Over-exercising and under-eating have become more challenging since my TBI, I thought, until I journaled what I was eating. I journaled for my nutritionist and then set about eating even fewer calories before she told me I was under-eating significantly. So I was wrong about thinking I was overeating.

I frequently see pictures of an underweight teenage me and think I’d like to look like that again. I can’t place why.

But anyway. That’s all to say I understand. I’ve found that having a strict routine helps me much, much more than journaling. I worked with a nutritionist to set out an eating plan that was healthy and had enough calories so I’d be nurturing my body into believing it didn’t have to store all those calories. My day starts with a bowl of oatmeal, fruit, and cheese + nuts. Sometimes half a sandwhich with it. Breakfast is my biggest meal on good days.

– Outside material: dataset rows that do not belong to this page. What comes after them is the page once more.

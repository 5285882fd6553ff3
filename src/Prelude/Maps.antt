-- ===== src/Prelude/Maps.antt =====
-- `std::map` and `std::unordered_map` as association lists. A new key goes to the end.
use Prim.Native.Nat.{suc}
use mathlib.Core.Path.{◌≡◌, refl}
use mathlib.Core.Logic.{ite}
use mathlib.Core.List.{List, [], ◌∷◌}
use mathlib.Core.Option.{Option, none, some}
use native.Mathlib.Omega.{arith}
use packet_switch.Prelude.Tests.{is_some, if◌then◌else◌}
use packet_switch.Prelude.Lists.{length}
use packet_switch.Prelude.{◌⊎◌, inl, inr}

module _ {ℓ} {K V : Type ℓ} (dec : Discrete K) where
  unfoldable pub find : K → List (K × V) → Option V
  find k [] = none
  find k ((j, v) ∷ m) = ite (dec j k) (some v) (find k m)

  -- `insert_or_assign`.
  unfoldable pub assign : K → V → List (K × V) → List (K × V)
  assign k v [] = (k, v) ∷ []
  assign k v ((j, w) ∷ m) = ite (dec j k) ((k, v) ∷ m) ((j, w) ∷ assign k v m)

  unfoldable pub erase : K → List (K × V) → List (K × V)
  erase k [] = []
  erase k ((j, w) ∷ m) = ite (dec j k) (erase k m) ((j, w) ∷ erase k m)

  -- No key occurs twice.
  abbrev pub Distinct : List (K × V) → Type ℓ
  Distinct [] = Unit
  Distinct ((k, v) ∷ m) = (find k m ≡ none) × Distinct m

  pub find-assign :
      (j k : K) (v : V) (m : List (K × V))
      → find j (assign k v m) ≡ ite (dec k j) (some v) (find j m)
  unfolding find assign
  find-assign j k v [] = refl
  find-assign j k v ((i, w) ∷ m) = ground (arith, find-assign j k v m)

  pub find-erase : (j k : K) (m : List (K × V)) → find j (erase k m) ≡ ite (dec k j) none (find j m)
  unfolding find erase
  find-erase j k [] = ground arith
  find-erase j k ((i, w) ∷ m) = ground (arith, find-erase j k m)

  -- Nothing is lost where the key is not there.
  pub erase-none : (k : K) (m : List (K × V)) → find k m ≡ none → erase k m ≡ m
  unfolding find erase
  erase-none k [] h = refl
  erase-none k ((i, w) ∷ m) h = ground (arith, erase-none k m)

  pub assign-Distinct : (k : K) (v : V) (m : List (K × V)) → Distinct m → Distinct (assign k v m)
  unfolding find assign
  assign-Distinct k v [] d = (refl, tt)
  assign-Distinct k v ((i, w) ∷ m) d =
      ground (arith, assign-Distinct k v m d.1, find-assign i k v m)

  pub erase-Distinct : (k : K) (m : List (K × V)) → Distinct m → Distinct (erase k m)
  unfolding find erase
  erase-Distinct k [] d = tt
  erase-Distinct k ((i, w) ∷ m) d = ground (arith, erase-Distinct k m d.1, find-erase i k m)

  pub length-assign :
      (k : K) (v : V) (m : List (K × V))
      → length (assign k v m) ≡ (if is_some (find k m) then length m else suc (length m))
  unfolding find assign
  length-assign k v [] = refl
  length-assign k v ((i, w) ∷ m) = ground (arith, length-assign k v m)

-- What a read after a write, or after a removal, found.
module _ {ℓ} {V : Type ℓ} {P : Type 0} where
  pub ite-some_split :
      (d : Dec P) (v w : V) (o : Option V)
      → ite d (some v) o ≡ some w
      → (P × (v ≡ w)) ⊎ ((¬ P) × (o ≡ some w))
  ite-some_split (yes p) v w o h = inl (p, ground arith)
  ite-some_split (no n) v w o h = inr (n, h)

  pub ite-none_split :
      (d : Dec P) (w : V) (o : Option V) → ite d none o ≡ some w → (¬ P) × (o ≡ some w)
  ite-none_split (yes p) w o h = absurd (ground arith)
  ite-none_split (no n) w o h = (n, h)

I only exercise on certain days of the week, and I can only exercise for up to six hours a week. It always starts with physical therapy exercises.

The biggest thing for me has been to work on body image in therapy. I am now understanding what about my body is bothering me, and realizing it’s helpful to accept some things and love myself, while also wanting some things modified or gone. (As in, for any other people reading this, things like large breasts.)

It’s still a challenge every day and I’ve fallen off a bit. But I’m getting better at it. You can’t change everything over night. Routines are the same, but they really have been the best advantage for me so far! :)
 
Thank you for your kind words and story @littleoc ! I want to work with a nutritionist. I have trouble eating enough and I feel like I can't justify using lots of resources bc we don't have a lot of food in my house, but I'm still really overweight, or I'll finally get food and it's too much bc it's unhealthy (we're currently poor, and with COVID, I don't have a job. hopefully I can get unemployment, gig worker).

I only exercise on certain days of the week, and I can only exercise for up to six hours a week. It always starts with physical therapy exercises.

The biggest thing for me has been to work on body image in therapy. I am now understanding what about my body is bothering me, and realizing it’s helpful to accept some things and love myself, while also wanting some things modified or gone. (As in, for any other people reading this, things like large breasts.)

I need to talk to my therapist more about this, but he's more of a trauma specialist and not necessarily that good about eating disorders, although he said he could recommend someone for me. Thank you again!! Also sorry if this doesn't make a lot of sense, I'm really dissociated again for the third day in a row lol.